## Problem
Over all lines in the data below, count those holding "none" and give only the result.
============================================================
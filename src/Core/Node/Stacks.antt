-- ===== src/Core/Node/Stacks.antt =====
-- What wiring a node and taking it apart do to the stacks and the task deque.
use inet_forth.Net.{Value, load}
use inet_forth.Core.{Task, Worker, Program, stack_pop, pop_value, stack_push, worker_add_task}
use inet_forth.Core.Node.{
  reconnect_input, reconnect_output, keep_task, reconnect_inputs, reconnect_outputs, add_found,
  worker_reconnect_node,
}
use mathlib.Core.List.{append_assoc, append-nil}
use inet_forth.Base.{
  >>=-eq-ok, List, Option, [], ap, arith, err-ne-ok, length, length-append, none, ok, ok-injective,
  refl, some, subst, suc, sym, zero, ℕ, ◌++◌, ◌+◌, ◌∙◌, ◌∷◌, ◌≡◌,
}

-- `w'` differs from `w` at most in its value stack and its heap.
pub record SameRest (w w' : Worker) : Type 0 where
  pub task_deque : w'.task_deque ≡ w.task_deque
  pub return_stack : w'.return_stack ≡ w.return_stack

pop_value-eq_ok :
    (w : Worker) (st : List Value) {v : Value} {w' : Worker}
    → pop_value w st ≡ ok (v, w')
    → (rest : List Value) × (st ≡ v ∷ rest) × (w' ≡ record w { value_stack = rest })
unfolding pop_value
pop_value-eq_ok w [] e = absurd (err-ne-ok e)
pop_value-eq_ok w (v ∷ rest) e = (rest, ground arith, ground arith)

stack_pop-eq_ok :
    (w : Worker) {v : Value} {w' : Worker}
    → stack_pop w ≡ ok (v, w')
    → (rest : List Value) × (w.value_stack ≡ v ∷ rest) × (w' ≡ record w { value_stack = rest })
unfolding stack_pop
stack_pop-eq_ok w e = pop_value-eq_ok w w.value_stack e

Popped : Worker → ℕ → Worker → Type 0
Popped w n w' =
    (inputs : List Value) × (w.value_stack ≡ inputs ++ w'.value_stack)
    × (length inputs ≡ n)
    × SameRest w w'

reconnect_inputs-Popped :
    (p : Program) (w : Worker) (node : ℕ) (found : Option Task) (n : ℕ) {o : Option Task}
    {w' : Worker}
    → reconnect_inputs p w node found n ≡ ok (o, w')
    → Popped w n w'
unfolding reconnect_inputs Popped
reconnect_inputs-Popped p w node found zero {o} {w'} e =
    subst (Popped w 0) (ap (λ (x : Option Task × Worker). x.1) (ok-injective e))
      ([], refl, refl, record { task_deque = refl; return_stack = refl })
reconnect_inputs-Popped p w node found (suc n) e =
    let ((v, w₁), popped, e₁) = >>=-eq-ok (stack_pop w) _ e in
    let ((t, h), input, e₂) = >>=-eq-ok (reconnect_input p w₁.heap node n v) _ e₁ in
    let (found', kept, e₃) = >>=-eq-ok (keep_task found t) _ e₂ in
    let (inputs, split, len, same) =
      reconnect_inputs-Popped p (record w₁ { heap = h }) node found' n e₃ in
    let (rest, top, left) = stack_pop-eq_ok w popped in
    (
      v ∷ inputs,
      top ∙ ap (◌∷◌ v) (ap (λ (x : Worker). x.value_stack) (sym left) ∙ split),
      ap suc len,
      record {
        task_deque = same.task_deque ∙ ap (λ (x : Worker). x.task_deque) left;
        return_stack = same.return_stack ∙ ap (λ (x : Worker). x.return_stack) left;
      },
    )

Pushed : Worker → ℕ → Worker → Type 0
Pushed w n w' =
    (outputs : List Value) × (w'.value_stack ≡ outputs ++ w.value_stack)
    × (length outputs ≡ n)
    × SameRest w w'

reconnect_outputs-Pushed :
    (p : Program) (w : Worker) (node n index : ℕ) {w' : Worker}
    → reconnect_outputs p w node n index ≡ ok w'
    → Pushed w n w'
unfolding reconnect_outputs Pushed
reconnect_outputs-Pushed p w node zero index e =
    subst (Pushed w 0) (ok-injective e)
      ([], refl, refl, record { task_deque = refl; return_stack = refl })
reconnect_outputs-Pushed p w node (suc n) index e =
    let ((v, h), output, e₁) = >>=-eq-ok (reconnect_output p w.heap node index) _ e in
    let (outputs, split, len, same) =
      reconnect_outputs-Pushed p (stack_push (record w { heap = h }) v) node n (index + 1) e₁ in
    (
      outputs ++ v ∷ [],
      split ∙ sym (append_assoc outputs (v ∷ []) w.value_stack),
      omega (arith, len, length-append outputs (v ∷ [])),
      record { task_deque = same.task_deque; return_stack = same.return_stack },
    )

abbrev pub as_list {ℓ} : {A : Type ℓ} → Option A → List A
as_list none = []
as_list (some a) = a ∷ []

add_found-fields :
    (w : Worker) (found : Option Task)
    → ((add_found w found).task_deque ≡ w.task_deque ++ as_list found)
      × ((add_found w found).value_stack ≡ w.value_stack)
      × ((add_found w found).return_stack ≡ w.return_stack)
unfolding worker_add_task
add_found-fields w none = (sym (append-nil w.task_deque), refl, refl)
add_found-fields w (some t) = (refl, refl, refl)

-- Wiring a new node of constructor `c`, where it succeeds, takes as many values off the stack as the
-- constructor has inputs and puts as many on it as it has outputs; it adds at most one task, at the
-- back of the deque, and leaves the return stack alone.
pub worker_reconnect_node_arity :
    (p : Program) (w : Worker) (node c : ℕ) {w' : Worker}
    → (w.heap.nodes node).ctor ≡ some c
    → worker_reconnect_node p w node ≡ ok w'
    → (inputs : List Value) × (outputs : List Value) × (rest : List Value) × (found : Option Task)
      × (w.value_stack ≡ inputs ++ rest)
      × (w'.value_stack ≡ outputs ++ rest)
      × (length inputs ≡ (p.ctors c).input_arity)
      × (length outputs ≡ (p.ctors c).output_arity)
      × (w'.task_deque ≡ w.task_deque ++ as_list found)
      × (w'.return_stack ≡ w.return_stack)
unfolding worker_reconnect_node Popped Pushed
worker_reconnect_node_arity p w node c {w'} at run =
    let e : _ ≡ ok w' = rw (at, worker_reconnect_node, load) at run in
    let ((found, w₁), ins, e₁) =
      >>=-eq-ok (reconnect_inputs p w node none (p.ctors c).input_arity) _ e in
    let (w₂, outs, e₂) =
      >>=-eq-ok (reconnect_outputs p w₁ node (p.ctors c).output_arity (p.ctors c).input_arity) _
        e₁ in
    let (inputs, split, ilen, same) =
      reconnect_inputs-Popped p w node none (p.ctors c).input_arity ins in
    let (outputs, join, olen, same') =
      reconnect_outputs-Pushed p w₁ node (p.ctors c).output_arity (p.ctors c).input_arity outs in
    let (deque, stack, frames) = add_found-fields w₂ found in
    let last : add_found w₂ found ≡ w' = ok-injective e₂ in
    (
      inputs,
      outputs,
      w₁.value_stack,
      found,
      split,
      subst (λ (x : Worker). x.value_stack ≡ outputs ++ w₁.value_stack) last (stack ∙ join),
      ilen,
      olen,
      subst (λ (x : Worker). x.task_deque ≡ w.task_deque ++ as_list found) last
          (deque ∙ ap (λ (d : List Task). d ++ as_list found) (same'.task_deque ∙ same.task_deque)),
      subst (λ (x : Worker). x.return_stack ≡ w.return_stack) last
          (frames ∙ same'.return_stack ∙ same.return_stack),
    )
============================================================
## Task result
5